*** Excerpted records ***

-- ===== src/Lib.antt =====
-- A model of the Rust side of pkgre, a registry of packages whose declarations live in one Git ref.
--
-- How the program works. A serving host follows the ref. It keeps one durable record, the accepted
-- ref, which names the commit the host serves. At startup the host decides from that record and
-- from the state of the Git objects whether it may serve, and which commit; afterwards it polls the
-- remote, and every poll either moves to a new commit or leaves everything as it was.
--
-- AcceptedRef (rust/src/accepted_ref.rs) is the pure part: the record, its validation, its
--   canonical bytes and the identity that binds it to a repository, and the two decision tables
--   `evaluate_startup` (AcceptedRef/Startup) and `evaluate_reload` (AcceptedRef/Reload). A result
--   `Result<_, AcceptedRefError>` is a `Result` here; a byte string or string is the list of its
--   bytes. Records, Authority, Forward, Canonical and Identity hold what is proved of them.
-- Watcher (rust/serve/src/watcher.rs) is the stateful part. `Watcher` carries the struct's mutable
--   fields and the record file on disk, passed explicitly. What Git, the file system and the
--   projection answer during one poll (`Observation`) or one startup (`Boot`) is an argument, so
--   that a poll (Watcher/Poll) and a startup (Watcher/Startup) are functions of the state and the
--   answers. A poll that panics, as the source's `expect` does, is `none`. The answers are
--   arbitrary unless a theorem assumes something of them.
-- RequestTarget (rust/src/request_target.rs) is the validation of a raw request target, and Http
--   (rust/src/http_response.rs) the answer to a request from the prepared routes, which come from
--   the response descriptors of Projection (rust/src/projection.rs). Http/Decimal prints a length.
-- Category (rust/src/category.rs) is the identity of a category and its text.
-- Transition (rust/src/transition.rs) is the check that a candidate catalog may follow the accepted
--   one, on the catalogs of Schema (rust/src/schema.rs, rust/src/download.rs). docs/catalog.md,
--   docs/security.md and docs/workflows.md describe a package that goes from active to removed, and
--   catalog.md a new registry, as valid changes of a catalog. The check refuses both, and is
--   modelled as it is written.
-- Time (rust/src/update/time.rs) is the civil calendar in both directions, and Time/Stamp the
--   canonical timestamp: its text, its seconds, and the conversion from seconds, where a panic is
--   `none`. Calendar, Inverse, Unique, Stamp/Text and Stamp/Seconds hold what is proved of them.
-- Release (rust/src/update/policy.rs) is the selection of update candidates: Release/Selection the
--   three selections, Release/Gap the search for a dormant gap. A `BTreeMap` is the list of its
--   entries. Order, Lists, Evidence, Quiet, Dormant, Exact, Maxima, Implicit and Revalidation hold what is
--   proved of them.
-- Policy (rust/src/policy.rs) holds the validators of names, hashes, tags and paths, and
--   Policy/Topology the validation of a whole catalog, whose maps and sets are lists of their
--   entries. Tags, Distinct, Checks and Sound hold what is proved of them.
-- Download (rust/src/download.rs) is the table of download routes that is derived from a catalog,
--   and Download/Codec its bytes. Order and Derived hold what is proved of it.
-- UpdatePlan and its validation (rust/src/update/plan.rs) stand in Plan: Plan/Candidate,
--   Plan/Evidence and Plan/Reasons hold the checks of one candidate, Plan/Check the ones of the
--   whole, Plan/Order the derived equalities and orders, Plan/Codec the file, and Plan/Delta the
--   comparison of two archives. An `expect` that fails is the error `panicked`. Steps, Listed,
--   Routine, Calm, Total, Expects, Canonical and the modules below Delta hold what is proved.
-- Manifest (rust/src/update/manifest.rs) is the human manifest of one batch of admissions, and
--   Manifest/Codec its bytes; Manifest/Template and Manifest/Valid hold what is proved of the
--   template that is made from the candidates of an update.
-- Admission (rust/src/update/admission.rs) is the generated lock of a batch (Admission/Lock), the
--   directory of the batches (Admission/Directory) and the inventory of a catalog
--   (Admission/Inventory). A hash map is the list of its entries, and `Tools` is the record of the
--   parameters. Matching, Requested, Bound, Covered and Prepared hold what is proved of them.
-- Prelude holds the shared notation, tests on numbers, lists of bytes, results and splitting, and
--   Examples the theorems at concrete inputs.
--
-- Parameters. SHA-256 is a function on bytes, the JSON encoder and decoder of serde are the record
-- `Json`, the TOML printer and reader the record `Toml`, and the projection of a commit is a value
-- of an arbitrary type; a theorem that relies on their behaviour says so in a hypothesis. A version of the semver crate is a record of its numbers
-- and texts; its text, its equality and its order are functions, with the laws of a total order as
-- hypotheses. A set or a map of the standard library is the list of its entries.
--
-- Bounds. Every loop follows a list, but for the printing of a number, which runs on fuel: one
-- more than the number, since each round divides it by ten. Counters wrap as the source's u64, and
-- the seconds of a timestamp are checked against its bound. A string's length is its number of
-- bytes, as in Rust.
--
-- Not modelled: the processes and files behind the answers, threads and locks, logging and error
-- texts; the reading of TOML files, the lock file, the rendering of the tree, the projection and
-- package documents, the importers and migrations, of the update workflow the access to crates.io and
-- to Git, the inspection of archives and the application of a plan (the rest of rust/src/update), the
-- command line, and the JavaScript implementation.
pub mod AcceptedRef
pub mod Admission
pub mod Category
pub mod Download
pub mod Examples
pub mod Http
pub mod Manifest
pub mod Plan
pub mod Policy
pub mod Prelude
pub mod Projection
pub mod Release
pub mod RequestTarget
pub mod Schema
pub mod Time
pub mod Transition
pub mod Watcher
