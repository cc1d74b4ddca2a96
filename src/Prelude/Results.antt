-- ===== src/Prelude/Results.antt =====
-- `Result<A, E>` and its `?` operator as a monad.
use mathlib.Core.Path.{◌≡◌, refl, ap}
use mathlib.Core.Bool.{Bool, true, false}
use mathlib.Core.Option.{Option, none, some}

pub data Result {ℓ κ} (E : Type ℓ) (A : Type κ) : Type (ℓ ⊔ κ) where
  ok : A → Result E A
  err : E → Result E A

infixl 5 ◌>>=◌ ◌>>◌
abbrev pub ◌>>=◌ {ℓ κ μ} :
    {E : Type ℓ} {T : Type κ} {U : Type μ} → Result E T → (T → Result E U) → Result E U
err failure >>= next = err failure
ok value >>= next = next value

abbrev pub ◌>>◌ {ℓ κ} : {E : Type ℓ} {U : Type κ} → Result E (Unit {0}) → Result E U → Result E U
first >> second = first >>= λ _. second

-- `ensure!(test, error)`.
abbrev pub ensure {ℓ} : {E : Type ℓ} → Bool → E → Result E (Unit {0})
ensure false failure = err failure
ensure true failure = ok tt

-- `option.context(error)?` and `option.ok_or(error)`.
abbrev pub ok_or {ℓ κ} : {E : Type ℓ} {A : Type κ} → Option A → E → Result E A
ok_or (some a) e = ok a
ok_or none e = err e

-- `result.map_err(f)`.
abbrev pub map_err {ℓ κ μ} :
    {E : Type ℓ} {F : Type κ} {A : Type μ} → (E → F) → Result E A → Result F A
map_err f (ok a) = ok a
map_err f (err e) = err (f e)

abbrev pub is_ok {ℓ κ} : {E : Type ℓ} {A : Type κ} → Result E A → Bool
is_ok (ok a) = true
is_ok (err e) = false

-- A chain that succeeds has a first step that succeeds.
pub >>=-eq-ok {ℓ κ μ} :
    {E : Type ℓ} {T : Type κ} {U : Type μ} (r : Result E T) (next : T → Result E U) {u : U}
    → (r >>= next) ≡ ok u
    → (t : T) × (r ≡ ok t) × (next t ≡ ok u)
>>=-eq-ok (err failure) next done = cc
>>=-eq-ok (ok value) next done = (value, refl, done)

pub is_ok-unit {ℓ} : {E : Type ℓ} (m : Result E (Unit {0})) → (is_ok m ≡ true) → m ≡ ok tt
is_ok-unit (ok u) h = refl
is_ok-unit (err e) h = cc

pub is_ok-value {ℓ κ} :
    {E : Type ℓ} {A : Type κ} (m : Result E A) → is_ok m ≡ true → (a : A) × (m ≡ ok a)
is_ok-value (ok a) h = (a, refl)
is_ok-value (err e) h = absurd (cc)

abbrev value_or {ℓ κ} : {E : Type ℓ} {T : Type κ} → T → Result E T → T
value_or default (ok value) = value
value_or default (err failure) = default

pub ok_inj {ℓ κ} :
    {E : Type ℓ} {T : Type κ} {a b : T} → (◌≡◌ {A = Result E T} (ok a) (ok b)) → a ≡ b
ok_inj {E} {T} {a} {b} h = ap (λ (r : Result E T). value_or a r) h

***

→ **Work to complete**: In the data above, which lines lie between the line with "-- Watcher (rust/serve/src/watcher.rs)" and the line with "Stamp/Seconds hold what is proved of them.", inclusive? Print those lines exactly and nothing else.

→ **Response**:
-- Watcher (rust/serve/src/watcher.rs) is the stateful part. `Watcher` carries the struct's mutable
--   fields and the record file on disk, passed explicitly. What Git, the file system and the
--   projection answer during one poll (`Observation`) or one startup (`Boot`) is an argument, so
--   that a poll (Watcher/Poll) and a startup (Watcher/Startup) are functions of the state and the
--   answers. A poll that panics, as the source's `expect` does, is `none`. The answers are
--   arbitrary unless a theorem assumes something of them.
-- RequestTarget (rust/src/request_target.rs) is the validation of a raw request target, and Http
--   (rust/src/http_response.rs) the answer to a request from the prepared routes, which come from
--   the response descriptors of Projection (rust/src/projection.rs). Http/Decimal prints a length.
-- Category (rust/src/category.rs) is the identity of a category and its text.
-- Transition (rust/src/transition.rs) is the check that a candidate catalog may follow the accepted
--   one, on the catalogs of Schema (rust/src/schema.rs, rust/src/download.rs). docs/catalog.md,
--   docs/security.md and docs/workflows.md describe a package that goes from active to removed, and
--   catalog.md a new registry, as valid changes of a catalog. The check refuses both, and is
--   modelled as it is written.
-- Time (rust/src/update/time.rs) is the civil calendar in both directions, and Time/Stamp the
--   canonical timestamp: its text, its seconds, and the conversion from seconds, where a panic is
--   `none`. Calendar, Inverse, Unique, Stamp/Text and Stamp/Seconds hold what is proved of them.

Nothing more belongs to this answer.